> WHAT NEEDS TO BE DONE
Every line from the beginning of the records below up to the one holding "(op_msg is_big_endian application" should be quoted exactly; leave out the rest.

[Start of Attachment]

-- ===== src/Arpc/Replying.antt =====
-- The replies of an asynchronous service.
use xdrpp.Common.{
  ℕ, ◌^◌, ◌<◌, ◌≡◌, refl, ap, ◌∙◌, arith, Bool, true, false, Option, none, some, List, [], ◌∷◌,
  ◌==◌, Bool-cases, inl, inr, if_true, if_false, subst, get_some, length, ◌≤◌, sym, if◌then◌else◌,
}
use xdrpp.Common.Result.{Error, Res, ok, throw, fault}
use xdrpp.Types.{Schema}
use xdrpp.Message.{Message, Arg}
use xdrpp.Message.Args.{types, values, ArgsFit, encode_args}
use xdrpp.RpcMsg.{CallBody}
use xdrpp.Server.Errors.{framed}
use xdrpp.Server.Dispatch.{Attempt, and_then, error_reply, decode_arg, recover}
use xdrpp.Server.Dispatch.Routes.{
  call_hdr, limit, arg_limit, schema, error_reply_lem, check_call_lem,
}
use xdrpp.Server.Dispatch.Arguments.{decode_arg-encode_args}
use xdrpp.Arpc.{
  ReplyOp, AsyncProcedure, AsyncService, op_msg, destroy, end_with, send_reply_msg, run_ops,
  run_method, async_proc, async_dispatch, async_process, async_served,
}

-- The procedure that a number stands for, if the interface has it.
unfoldable pub find_async : List AsyncProcedure → ℕ → Option AsyncProcedure
find_async [] proc = none
find_async (p ∷ ps) proc = if proc == p.proc then some p else find_async ps proc

module _ (is_big_endian : Bool) (application : Schema) (depth L : ℕ) where
  abbrev lim : ℕ
  lim = limit is_big_endian application depth L

  abbrev sch : Schema
  sch = schema is_big_endian application depth L

  -- The messages of the calls of a `reply_cb`, which can all be made.
  abbrev pub AreMade : ℕ → List ReplyOp → List Message → Type 0
  AreMade xid [] [] = Unit
  AreMade xid (op ∷ ops) (m ∷ ms) =
      (op_msg is_big_endian application depth lim xid op ≡ ok m) × AreMade xid ops ms
  AreMade xid _ _ = ⊥

  -- What the caller gets: the first message, or that the procedure is not there.
  abbrev pub first_reply : ℕ → List Message → Message
  first_reply xid [] = framed (xid ∷ 1 ∷ 0 ∷ 0 ∷ 0 ∷ 3 ∷ [])
  first_reply xid (m ∷ ms) = m

  -- A second reply fails an assertion.
  abbrev pub reply_end : List Message → Res (Unit {0}) → Res (Unit {0})
  reply_end [] end = end
  reply_end (m ∷ []) end = end
  reply_end (m ∷ m' ∷ ms) end = fault

  run_ops_dead :
      (xid : ℕ) (op : ReplyOp) (ops : List ReplyOp) (m : Message) (end : Res (Unit {0}))
      → op_msg is_big_endian application depth lim xid op ≡ ok m
      → run_ops is_big_endian application depth lim xid false (op ∷ ops) end ≡ ([], fault)
  unfolding run_ops send_reply_msg
  run_ops_dead xid op ops m end e =
      ap
        (λ r.
          send_reply_msg is_big_endian application depth lim xid false r
            (run_ops is_big_endian application depth lim xid false ops end))
        e

  run_ops_once :
      (xid : ℕ) (op : ReplyOp) (ops : List ReplyOp) (m : Message) (end : Res (Unit {0}))
      (a : Attempt)
      → op_msg is_big_endian application depth lim xid op ≡ ok m
      → run_ops is_big_endian application depth lim xid false ops end ≡ a
      → run_ops is_big_endian application depth lim xid true (op ∷ ops) end
        ≡ and_then is_big_endian application depth lim (some m ∷ []) a
  unfolding run_ops send_reply_msg
  run_ops_once xid op ops m end a e k =
      ap
        (λ r.
          send_reply_msg is_big_endian application depth lim xid true r
            (run_ops is_big_endian application depth lim xid false ops end))
        e
      ∙ ap (and_then is_big_endian application depth lim (some m ∷ [])) k

  run_ops_lem :
      (xid : ℕ) (ops : List ReplyOp) (ms : List Message) (end : Res (Unit {0}))
      → xid < 2 ^ 32
      → AreMade xid ops ms
      → run_ops is_big_endian application depth lim xid true ops end
        ≡ (some (first_reply xid ms) ∷ [], reply_end ms end)
  unfolding run_ops destroy
  run_ops_lem xid [] [] end x a = ap (end_with is_big_endian application depth lim end) (
      error_reply_lem is_big_endian application depth L xid 3 x (omega arith) (omega arith)
        (omega arith))
  run_ops_lem xid (op ∷ []) (m ∷ []) end x (e, a) = run_ops_once xid op [] m end ([], end) e refl
  run_ops_lem xid (op ∷ op' ∷ ops) (m ∷ m' ∷ ms) end x (e, (e', a)) =
      run_ops_once xid op (op' ∷ ops) m end ([], fault) e (run_ops_dead xid op' ops m' end e')
  run_ops_lem xid (op ∷ []) (m ∷ m' ∷ ms) end x a = absurd a.1
  run_ops_lem xid (op ∷ op' ∷ ops) (m ∷ []) end x a = absurd a.1
  run_ops_lem xid [] (m ∷ ms) end x a = absurd a
  run_ops_lem xid (op ∷ ops) [] end x a = absurd a

  -- The call of a procedure by the service that it is for.
  pub record IsCall (s : AsyncService) (c : CallBody) (p : AsyncProcedure) (args : List Arg)
      : Type 0 where
    pub version : c.rpcvers ≡ 2
    pub same_prog : c.prog ≡ s.base.prog
    pub same_vers : c.vers ≡ s.base.vers
    pub found : find_async s.procs c.proc ≡ some p
    pub typed : types args ≡ p.arg
    pub fits : ArgsFit sch (arg_limit is_big_endian application depth L) args

  async_dispatch-find_async :
      (ps : List AsyncProcedure) (proc xid : ℕ) (inp : List ℕ) (p : AsyncProcedure)
      → find_async ps proc ≡ some p
      → async_dispatch is_big_endian application depth lim ps proc xid inp
        ≡ async_proc is_big_endian application depth lim p xid inp
  unfolding async_dispatch find_async
  async_dispatch-find_async [] proc xid inp p f = absurd (cc)
  async_dispatch-find_async (q ∷ ps) proc xid inp p f = elim (Bool-cases (proc == q.proc)) [
    | inl here ↦
        if_true _ _ here
        ∙ ap (λ r. async_proc is_big_endian application depth lim r xid inp)
            (get_some p (sym (if_true _ _ here) ∙ f))
    | inr later ↦
        if_false _ _ later
        ∙ async_dispatch-find_async ps proc xid inp p (sym (if_false _ _ later) ∙ f)
  ]

  async_proc_lem :
      (p : AsyncProcedure) (xid : ℕ) (args : List Arg)
      → types args ≡ p.arg
      → ArgsFit sch (arg_limit is_big_endian application depth L) args
      → async_proc is_big_endian application depth lim p xid (encode_args sch lim args)
        ≡ run_method is_big_endian application depth lim xid (p.method (values args))
  unfolding async_proc
  async_proc_lem p xid args t f =
      rw
        (
          subst
              (λ ts.
                decode_arg is_big_endian application depth lim ts (encode_args sch lim args)
                ≡ ok (values args))
              t
              (decode_arg-encode_args is_big_endian application depth
                (arg_limit is_big_endian application depth L) args f),
          async_proc,
        )
        refl

  async_served-run_method :
      (s : AsyncService) (xid : ℕ) (c : CallBody) (p : AsyncProcedure) (args : List Arg)
      → IsCall s c p args
      → async_served is_big_endian application depth lim s
          (call_hdr xid c)
          c
          (encode_args sch lim args)
        ≡ recover is_big_endian application depth lim xid
            (run_method is_big_endian application depth lim xid (p.method (values args)))
  unfolding async_served async_process
  async_served-run_method s xid c p args h =
      ap
        (λ b. recover is_big_endian application depth lim xid (
          and_then is_big_endian application depth lim (if b then [] else none ∷ []) (
            async_dispatch is_big_endian application depth lim s.procs c.proc xid
              (encode_args sch lim args))))
        (check_call_lem is_big_endian application depth L xid c s.base h.version h.same_prog
          h.same_vers)
      ∙ ap (recover is_big_endian application depth lim xid) (
          async_dispatch-find_async s.procs c.proc xid (encode_args sch lim args) p h.found
          ∙ async_proc_lem p xid args h.typed h.fits)

  recover_end :
      (xid : ℕ) (m : Message) (ms : List Message)
      → recover is_big_endian application depth lim xid (some m ∷ [], reply_end ms (ok tt))
        ≡ (some m ∷ [], reply_end ms (ok tt))
  unfolding recover
  recover_end xid m [] = refl
  recover_end xid m (a ∷ []) = refl
  recover_end xid m (a ∷ b ∷ ms) = refl

  garbage :
      (xid : ℕ) (m : Message)
      → xid < 2 ^ 32
      → and_then is_big_endian application depth lim
          (some m ∷ [])
          (error_reply is_big_endian application depth lim xid 4)
        ≡ (some m ∷ some (framed (xid ∷ 1 ∷ 0 ∷ 0 ∷ 0 ∷ 4 ∷ [])) ∷ [], ok tt)
  garbage xid m x = ap (and_then is_big_endian application depth lim (some m ∷ [])) (
      error_reply_lem is_big_endian application depth L xid 4 x (omega arith) (omega arith)
        (omega arith))

  recover_throw_end :
      (xid : ℕ) (ms : List Message) (e : Error)
      → xid < 2 ^ 32
      → length ms ≤ 1
      → recover is_big_endian application depth lim xid
          (some (first_reply xid ms) ∷ [], reply_end ms (throw e))
        ≡ (some (first_reply xid ms) ∷ some (framed (xid ∷ 1 ∷ 0 ∷ 0 ∷ 0 ∷ 4 ∷ [])) ∷ [], ok tt)
  unfolding recover
  recover_throw_end xid [] e x once = garbage xid (first_reply xid []) x
  recover_throw_end xid (m ∷ []) e x once = garbage xid m x
  recover_throw_end xid (m ∷ n ∷ ms) e x once = absurd (omega arith)

  -- Where the method returns, and a message can be made of each of its replies and rejections, an
  -- asynchronous service answers a call exactly once whose arguments fit its procedure within two
  -- levels fewer than the limit of the stack: with the first of these messages, or, if the method
  -- makes none, with the reply that the procedure is not there. A second one fails an assertion.
  pub async_served_once :
      (s : AsyncService) (xid : ℕ) (c : CallBody) (p : AsyncProcedure) (args : List Arg)
      (ops : List ReplyOp) (ms : List Message)
      → xid < 2 ^ 32
      → IsCall s c p args
      → p.method (values args) ≡ (ops, ok tt)
      → AreMade xid ops ms
      → async_served is_big_endian application depth lim s
          (call_hdr xid c)
          c
          (encode_args sch lim args)
        ≡ (some (first_reply xid ms) ∷ [], reply_end ms (ok tt))
  unfolding run_method
  async_served_once s xid c p args ops ms x h m a =
      async_served-run_method s xid c p args h
      ∙ ap (recover is_big_endian application depth lim xid) (
          ap (run_method is_big_endian application depth lim xid) m
          ∙ run_ops_lem xid ops ms (ok tt) x a)
      ∙ recover_end xid (first_reply xid ms) ms

  -- A method that throws an `xdr_runtime_error` after at most one reply makes the service answer
  -- twice: the first time with that reply, or, since the `reply_cb` is destroyed, with the reply that
  -- the procedure is not there, and then from the `catch` with the reply that the arguments could not
  -- be read.
  pub async_served_throw :
      (s : AsyncService) (xid : ℕ) (c : CallBody) (p : AsyncProcedure) (args : List Arg)
      (ops : List ReplyOp) (ms : List Message) (e : Error)
      → xid < 2 ^ 32
      → IsCall s c p args
      → p.method (values args) ≡ (ops, throw e)
      → AreMade xid ops ms
      → length ms ≤ 1
      → async_served is_big_endian application depth lim s
          (call_hdr xid c)
          c
          (encode_args sch lim args)
        ≡ (some (first_reply xid ms) ∷ some (framed (xid ∷ 1 ∷ 0 ∷ 0 ∷ 0 ∷ 4 ∷ [])) ∷ [], ok tt)
  unfolding run_method
  async_served_throw s xid c p args ops ms e x h m a once =
      async_served-run_method s xid c p args h
      ∙ ap (recover is_big_endian application depth lim xid) (
          ap (run_method is_big_endian application depth lim xid) m
          ∙ run_ops_lem xid ops ms (throw e) x a)
      ∙ recover_throw_end xid ms e x once
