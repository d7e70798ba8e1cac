-- ===== src/DepthChecker.antt =====
-- xdrpp/depth_checker.h: an archive that measures how deep classes and containers are nested.
pub mod Limit
use xdrpp.Common.{ℕ, zero, suc, ◌+◌, ◌-◌, Bool, true, false, not, ltb, if◌then◌else◌}
use xdrpp.Common.Result.{Res, ok, fault, ◌>>=◌}
use xdrpp.Types.{Ty, Kind, nested, kind, Val, Schema}
use xdrpp.Types.Save.{save}

pub record DepthChecker : Type 0 where
  pub depth_limit : ℕ
  pub current_depth : ℕ
  pub within_limit : Bool

module _ (s : Schema) where
  -- The operator on a class or a container. `current_depth_` stays counted up where the limit is
  -- exceeded. It never gets beyond 2 ^ 32, since the limit is below that.
  unfoldable pub enter :
      (Ty → Val → DepthChecker → Res DepthChecker) → Ty → Val → DepthChecker → Res DepthChecker
  enter ar t v d =
      let deeper : Res DepthChecker =
        save s ar t v (record d { current_depth = d.current_depth + 1 }) >>= λ d'.
        ok (record d' { current_depth = d'.current_depth - 1 }) in
      if not d.within_limit
      then ok d
      else if ltb d.depth_limit (d.current_depth + 1)
      then ok (record d { current_depth = d.current_depth + 1; within_limit = false })
      else deeper

  -- Numbers and byte strings are passed over.
  unfoldable pub depth_op :
      (Ty → Val → DepthChecker → Res DepthChecker)
      → Kind
      → Ty
      → Val
      → DepthChecker
      → Res DepthChecker
  depth_op nest nested t v d = nest t v d
  depth_op nest _ t v d = ok d

  -- `operator()`, which calls itself through `save`, here on fuel.
  unfoldable pub visit : ℕ → Ty → Val → DepthChecker → Res DepthChecker
  unfolding depth_op enter
  visit zero t v d = depth_op (enter (λ t v d. fault)) (kind t) t v d
  visit (suc fuel) t v d = depth_op (enter (visit fuel)) (kind t) t v d

  -- No class or container below the limit is entered, so that the limit is fuel enough.
  unfoldable pub check_xdr_depth : Ty → Val → ℕ → Res Bool
  unfolding visit
  check_xdr_depth t v limit =
      visit limit t v (record { depth_limit = limit; current_depth = 0; within_limit = true })
      >>= λ d. ok d.within_limit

[End of Attachment]

> EXERCISE RESULT
-- ===== src/Arpc/Replying.antt =====
-- The replies of an asynchronous service.
use xdrpp.Common.{
  ℕ, ◌^◌, ◌<◌, ◌≡◌, refl, ap, ◌∙◌, arith, Bool, true, false, Option, none, some, List, [], ◌∷◌,
  ◌==◌, Bool-cases, inl, inr, if_true, if_false, subst, get_some, length, ◌≤◌, sym, if◌then◌else◌,
}
use xdrpp.Common.Result.{Error, Res, ok, throw, fault}
use xdrpp.Types.{Schema}
use xdrpp.Message.{Message, Arg}
use xdrpp.Message.Args.{types, values, ArgsFit, encode_args}
use xdrpp.RpcMsg.{CallBody}
use xdrpp.Server.Errors.{framed}
use xdrpp.Server.Dispatch.{Attempt, and_then, error_reply, decode_arg, recover}
use xdrpp.Server.Dispatch.Routes.{
  call_hdr, limit, arg_limit, schema, error_reply_lem, check_call_lem,
}
use xdrpp.Server.Dispatch.Arguments.{decode_arg-encode_args}
use xdrpp.Arpc.{
  ReplyOp, AsyncProcedure, AsyncService, op_msg, destroy, end_with, send_reply_msg, run_ops,
  run_method, async_proc, async_dispatch, async_process, async_served,
}

-- The procedure that a number stands for, if the interface has it.
unfoldable pub find_async : List AsyncProcedure → ℕ → Option AsyncProcedure
find_async [] proc = none
find_async (p ∷ ps) proc = if proc == p.proc then some p else find_async ps proc

module _ (is_big_endian : Bool) (application : Schema) (depth L : ℕ) where
  abbrev lim : ℕ
  lim = limit is_big_endian application depth L

  abbrev sch : Schema
  sch = schema is_big_endian application depth L

  -- The messages of the calls of a `reply_cb`, which can all be made.
  abbrev pub AreMade : ℕ → List ReplyOp → List Message → Type 0
  AreMade xid [] [] = Unit
  AreMade xid (op ∷ ops) (m ∷ ms) =
      (op_msg is_big_endian application depth lim xid op ≡ ok m) × AreMade xid ops ms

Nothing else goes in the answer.